- **Exercise aim**
Once you reach the line containing "rw here refl)" in the entries below, write out that line and each one after it down to the line containing "(arg : CreateUserParams)", exactly and with nothing added.

- **Given entries**

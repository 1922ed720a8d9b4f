-- ===== src/Db/Store/Accounts.antt =====
-- What CreateUser stores, and the rows that GetUser and GetUserByEmail find.
use kube_extauth_demo.Prelude.{
  ◌≡◌, refl, Bool, true, Option, none, some, List, [], ◌∷◌, ◌==◌, nat_eq, string_eq, eq_iff, arith,
  Bool-cases, inl, inr,
}
use kube_extauth_demo.Prelude.Tables.{find_row, has_row}
use kube_extauth_demo.Effect.{Err, ok}
use kube_extauth_demo.Db.Models.{User, UserRole, ◌=?◌}
use kube_extauth_demo.Db.Params.{CreateUserParams}
use kube_extauth_demo.Db.Store.Base.{Database, Tables, store_row, written}
use kube_extauth_demo.Db.Store.Users.{
  user_violation, new_user, create_user, get_user, get_user_by_email, role_of, joined,
}

pub store_row-eq-ok {ℓ} :
    {A : Type ℓ} (db : Database) (violation : Option Err) (row : A) (t : Tables) {a : A}
    {db' : Database}
    → store_row db violation row t ≡ (ok a, db')
    → (violation ≡ none) × (a ≡ row) × (db' ≡ written db t)
store_row-eq-ok db none row t h = (refl, cc, cc)
store_row-eq-ok db (some e) row t h = cc

-- A condition that some row meets selects one.
pub find_row_complete {ℓ} :
    {A : Type ℓ} (p : A → Bool) (xs : List A)
    → has_row p xs ≡ true
    → (x : A) × (find_row p xs ≡ some x)
unfolding has_row find_row
find_row_complete p [] h = cc
find_row_complete p (x ∷ xs) h = elim (Bool-cases (p x)) [
  | inl here ↦ (x, rw here refl)
  | inr gone ↦ rw gone (find_row_complete p xs (rw gone at h))
]

module _ (t : Tables) (rest : List User) (row : User) where
  accepted-role : user_violation t rest row ≡ none → (r : UserRole) × (role_of t row ≡ some r)
  unfolding user_violation
  accepted-role fine = find_row_complete _ t.roles (ground arith)

  accepted-id : user_violation t rest row ≡ none → row.id =? row.id ≡ true
  unfolding user_violation ◌=?◌
  accepted-id fine = ground arith

pub joined-some :
    (t : Tables) (u : User) {r : UserRole} → role_of t u ≡ some r → joined (some u) t ≡ some (u, r)
joined-some t u found = rw (found, joined) refl

-- What CreateUser returns is the row that it stored, with the columns given and a role that is
-- there. GetUser by its id and GetUserByEmail by its email find that row, joined with its role.
pub create_user-get :
    (arg : CreateUserParams) (db : Database) {row : User} {db' : Database}
    → create_user arg db ≡ (ok row, db')
    → (row ≡ new_user arg db)
      × (db'.tables ≡ record (db.tables) { users = row ∷ db.users })
      × ((role : UserRole) × (role_of db.tables row ≡ some role)
          × (get_user row.id db' ≡ (ok (record { user = row; user_role = role }), db'))
          × (get_user_by_email arg.email db' ≡ (ok (record { user = row; user_role = role }), db')))
unfolding create_user get_user get_user_by_email find_row
create_user-get arg db {row} {db'} h =
    let (fine, is_row, is_db) = store_row-eq-ok db _ _ _ h in
    let (role, found) = accepted-role db.tables db.users (new_user arg db) fine in
    let here = accepted-id db.tables db.users (new_user arg db) fine in
    let named : arg.email == arg.email ≡ true = (eq_iff arg.email arg.email).1 refl in
    let t = record (db.tables) { users = new_user arg db ∷ db.users } in
    rw (is_row, is_db)
      (
        refl,
        refl,
        (
          role,
          found,
          rw here (rw (joined-some t (new_user arg db) found) refl),
          rw named (rw (joined-some t (new_user arg db) found) refl),
        ),
      )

- **Solution for this problem**
  | inl here ↦ (x, rw here refl)
  | inr gone ↦ rw gone (find_row_complete p xs (rw gone at h))
]

module _ (t : Tables) (rest : List User) (row : User) where
  accepted-role : user_violation t rest row ≡ none → (r : UserRole) × (role_of t row ≡ some r)
  unfolding user_violation
  accepted-role fine = find_row_complete _ t.roles (ground arith)

  accepted-id : user_violation t rest row ≡ none → row.id =? row.id ≡ true
  unfolding user_violation ◌=?◌
  accepted-id fine = ground arith

pub joined-some :
    (t : Tables) (u : User) {r : UserRole} → role_of t u ≡ some r → joined (some u) t ≡ some (u, r)
joined-some t u found = rw (found, joined) refl

-- What CreateUser returns is the row that it stored, with the columns given and a role that is
-- there. GetUser by its id and GetUserByEmail by its email find that row, joined with its role.
pub create_user-get :
    (arg : CreateUserParams) (db : Database) {row : User} {db' : Database}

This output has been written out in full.